Ich hatte die Hoffnung das es in Niedersachsen einen schönen freien See gibt an den man ohne Gastgarte rankommt. Ich bin als Anfänger leider schon etwas gefrustet von der Elbe. Habe zwar jetzt in Hamburg zwar schon einige schöne Strecken gefunden an der Elbe, jedoch sind in der Elbe doch einige Besonderheiten zu beachten (Tidengewässer, Steinpackung, Hänger, Spundwände).

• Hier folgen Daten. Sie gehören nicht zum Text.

-- ===== src/Prelude/Keys.antt =====
-- Types whose values the code compares by `==`, as an instance argument.
use Prim.Native.Nat.{ℕ}
use Prim.Native.String.{String}
use mathlib.Core.Path.{◌≡◌, refl}
use mathlib.Core.Logic.{◌↔◌, ◌⊎◌, inl, inr, ◌≢◌}
use mathlib.Core.Bool.{Bool, true, false}
use native.Mathlib.Omega.{arith}
use text.Mathlib.Text.{◌==◌ as str_eq}
use text.Mathlib.TextEquality.{eq_iff}
use holler_server.Prelude.Tests.{nat_beq, nat_beq_iff, Bool-cases}

pub record Eq {ℓ} (K : Type ℓ) : Type ℓ where
  pub beq : K → K → Bool
  pub beq_iff : (a b : K) → (beq a b ≡ true) ↔ (a ≡ b)

infix 50 ◌==◌
abbrev pub ◌==◌ {ℓ} : {K : Type ℓ} ⦃e : Eq K⦄ → K → K → Bool
◌==◌ ⦃e⦄ = e.beq

instance abbrev pub string_eq : Eq String
string_eq = record { beq = str_eq; beq_iff = eq_iff }

instance abbrev pub nat_eq : Eq ℕ
nat_eq = record { beq = nat_beq; beq_iff = nat_beq_iff }

module _ {ℓ} {K : Type ℓ} ⦃e : Eq K⦄ where
  pub ==_refl : (a : K) → (a == a) ≡ true
  ==_refl a = (e.beq_iff a a).1 refl

  pub ==→≡ : (a b : K) → (a == b) ≡ true → a ≡ b
  ==→≡ a b h = (e.beq_iff a b).0 h

  -- A comparison, with the equation or the inequation that it finds.
  pub ==_cases : (a b : K) → ((a == b) ≡ true) × (a ≡ b) ⊎ ((a == b) ≡ false) × (a ≢ b)
  ==_cases a b = elim (Bool-cases (a == b)) [
    | inl h ↦ inl (h, (e.beq_iff a b).0 h)
    | inr h ↦ inr (h, λ p. ground (arith, (e.beq_iff a b).1 p))
  ]
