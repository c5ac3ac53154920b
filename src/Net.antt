-- ===== src/Net.antt =====
-- Network addresses of the standard library, as far as the program tells them apart: by family and
-- number. Code: std::net::IpAddr and std::net::SocketAddr, used by src/wire and src/advertise.rs.
use holler_server.Prelude.{ℕ, ◌/◌, ◌^◌, ◌≡◌, ◌↔◌, Bool, true, false, arith, nat_beq, Eq}

pub data IpAddr : Type 0 where
  v4 v6 : ℕ → IpAddr

pub record SocketAddr : Type 0 where
  pub ip : IpAddr
  pub port : ℕ

abbrev ip_beq : IpAddr → IpAddr → Bool
ip_beq (v4 a) (v4 b) = nat_beq a b
ip_beq (v6 a) (v6 b) = nat_beq a b
ip_beq _ _ = false

pub ip_beq_iff : (a b : IpAddr) → (ip_beq a b ≡ true) ↔ (a ≡ b)
ip_beq_iff (v4 a) (v4 b) = ground arith
ip_beq_iff (v4 a) (v6 b) = ground arith
ip_beq_iff (v6 a) (v4 b) = ground arith
ip_beq_iff (v6 a) (v6 b) = ground arith

instance abbrev pub ip_eq : Eq IpAddr
ip_eq = record { beq = ip_beq; beq_iff = ip_beq_iff }

-- `IpAddr::is_loopback` and `IpAddr::is_unspecified`: 127.0.0.0/8 and ::1, and 0.0.0.0 and ::.
abbrev pub is_loopback : IpAddr → Bool
is_loopback (v4 n) = nat_beq (n / 2 ^ 24) 127
is_loopback (v6 n) = nat_beq n 1

abbrev pub is_unspecified : IpAddr → Bool
is_unspecified (v4 n) = nat_beq n 0
is_unspecified (v6 n) = nat_beq n 0
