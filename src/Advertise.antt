-- ===== src/Advertise.antt =====
-- src/advertise.rs: the address that `serve` writes down for `token mint`. The file's contents, JSON,
-- and the text of a socket address are arguments; a file that cannot be read is none.
use holler_server.Prelude.{
  Bool, true, false, not, ◌&&◌, String, List, [], ◌∷◌, Option, none, some, if◌then◌else◌,
}
use holler_server.Net.{IpAddr, SocketAddr, is_loopback, is_unspecified}

pub record AdvertiseRecord : Type 0 where
  pub address : Option String

pub data AdvertiseState : Type 0 where
  reachable : String → AdvertiseState
  loopback_only unknown : AdvertiseState

unfoldable pub is_advertisable_ip : IpAddr → Bool
is_advertisable_ip ip = not (is_loopback ip) && not (is_unspecified ip)

unfoldable pub first_advertisable : (SocketAddr → String) → List SocketAddr → Option String
unfolding is_advertisable_ip
first_advertisable shown [] = none
first_advertisable shown (a ∷ addrs) =
    let later = first_advertisable shown addrs in
    if is_advertisable_ip a.ip then some (shown a) else later

unfoldable pub resolve_advertise :
    (SocketAddr → String) → Option String → List SocketAddr → Option String
unfolding first_advertisable
resolve_advertise shown (some explicit) addrs = some explicit
resolve_advertise shown none addrs = first_advertisable shown addrs

-- A record as JSON, and back.
pub record Json (Contents : Type 0) : Type 0 where
  pub to_string : AdvertiseRecord → Contents
  pub from_str : Contents → Option AdvertiseRecord

-- How writing the file ends: what it holds then, and whether that is a success.
pub data Write (Contents : Type 0) : Type 0 where
  succeeds : Write Contents
  fails : (left : Option Contents) → Write Contents

module _ {Contents : Type 0} (j : Json Contents) where
  unfoldable pub persist : Write Contents → Option String → Option Contents → Bool × Option Contents
  persist succeeds advertise before = (true, some (j.to_string (record { address = advertise })))
  persist (fails left) advertise before = (false, left)

  unfoldable pub read : Option Contents → AdvertiseState
  read none = unknown
  read (some contents) = elim (j.from_str contents) [
    | none ↦ unknown
    | some r ↦ elim r.address [ none ↦ loopback_only | some addr ↦ reachable addr ]
  ]
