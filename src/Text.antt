-- ===== src/Text.antt =====
-- What the program uses of the standard library's text: a text that it takes apart is the list of
-- its code points. Code: `str::trim` and `str::parse` of an unsigned number, as src/wire/roster.rs,
-- src/wire/connection.rs and src/token/mod.rs call them; the order of texts by which rows are sorted.
pub mod Ordered
pub mod Utf8
use Prim.Native.Char.{code}
use mathlib.Core.List.{reverse}
use holler_server.Prelude.{
  ℕ, ◌+◌, ◌-◌, ◌*◌, Bool, ◌&&◌, ◌||◌, String, List, [], ◌∷◌, Option, none, some, ltb, leb, nat_beq,
  if◌then◌else◌,
}

abbrev pub codes : String → List ℕ
codes String.[] = []
codes (String.◌∷◌ c s) = code c ∷ codes s

-- char::is_whitespace: the Unicode property White_Space.
unfoldable pub is_whitespace : ℕ → Bool
is_whitespace c =
    leb 9 c && leb c 13
    || nat_beq c 32
    || nat_beq c 0x85
    || nat_beq c 0xA0
    || nat_beq c 0x1680
    || leb 0x2000 c && leb c 0x200A
    || leb 0x2028 c && leb c 0x2029
    || nat_beq c 0x202F
    || nat_beq c 0x205F
    || nat_beq c 0x3000

unfoldable pub trim_start : List ℕ → List ℕ
unfolding is_whitespace
trim_start [] = []
trim_start (c ∷ s) = if is_whitespace c then trim_start s else c ∷ s

unfoldable pub trim : List ℕ → List ℕ
unfolding trim_start
trim s = reverse (trim_start (reverse (trim_start s)))

-- The digits of a number below `limit`, after those read so far.
unfoldable pub parse_digits : ℕ → ℕ → List ℕ → Option ℕ
parse_digits limit n [] = some n
parse_digits limit n (c ∷ s) =
    let m = n * 10 + (c - b'0') in
    let rest = parse_digits limit m s in
    if leb b'0' c && leb c b'9' && ltb m limit then rest else none

-- At least one digit.
unfoldable pub parse_number : ℕ → List ℕ → Option ℕ
unfolding parse_digits
parse_number limit [] = none
parse_number limit (c ∷ s) = parse_digits limit 0 (c ∷ s)

-- `s.parse::<uN>()`, for 2 ^ N the limit: one `+` may stand in front.
unfoldable pub parse_unsigned : ℕ → List ℕ → Option ℕ
unfolding parse_number
parse_unsigned limit [] = none
parse_unsigned limit (c ∷ s) =
    if nat_beq c b'+' then parse_number limit s else parse_number limit (c ∷ s)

Die letzte Nacht war die letzte Schlammschlacht da ich die Ebbe im Hamburger Hafen doch gewaltig unterschätzt habe und dazu nach orientalische Livemusik vom Anlieger hatte. Das frustet als Anfänger, da habe ich mir gedacht ein See müsste da vom reinen Angeln her entspannter sein 

P.S: Ich habe nicht gesagt das in der Elbe nichts beißt, aber so langsam dürfte der erste Fisch auch mal zu mir kommen :q


----------



## Thomas9904 (20. August 2016)

*AW: Hamburger Fischereischein im Niedersachsen*

das kannste vergessen, siehe Bernds Posting, Binnengewässer gibts nicht "frei"..


----------



## Premi (20. August 2016)

*AW: Hamburger Fischereischein im Niedersachsen*

Es wäre zu schön um wahr zu sein 

Danke für eure zahlreichen Antworten #6 Hier wird einem kompetent geholfen!


----------



## Thomas9904 (20. August 2016)

*AW: Hamburger Fischereischein im Niedersachsen*

danke fürs Lob ;-))


----------



## BERND2000 (20. August 2016)

*AW: Hamburger Fischereischein im Niedersachsen*



Premi schrieb:


> Wieder Elbe |rolleyes
> 
> Ich hatte die Hoffnung das es in Niedersachsen einen schönen freien See gibt an den man ohne Gastgarte rankommt.



 So etwas wirst Du nicht finden.
 Nachgefragte und gepflegte Dinge verschenkt man nicht, was man nicht selbst nutzt, verkauft man.

 Wenn doch sollte es ja so etwas auch in H.H geben.


----------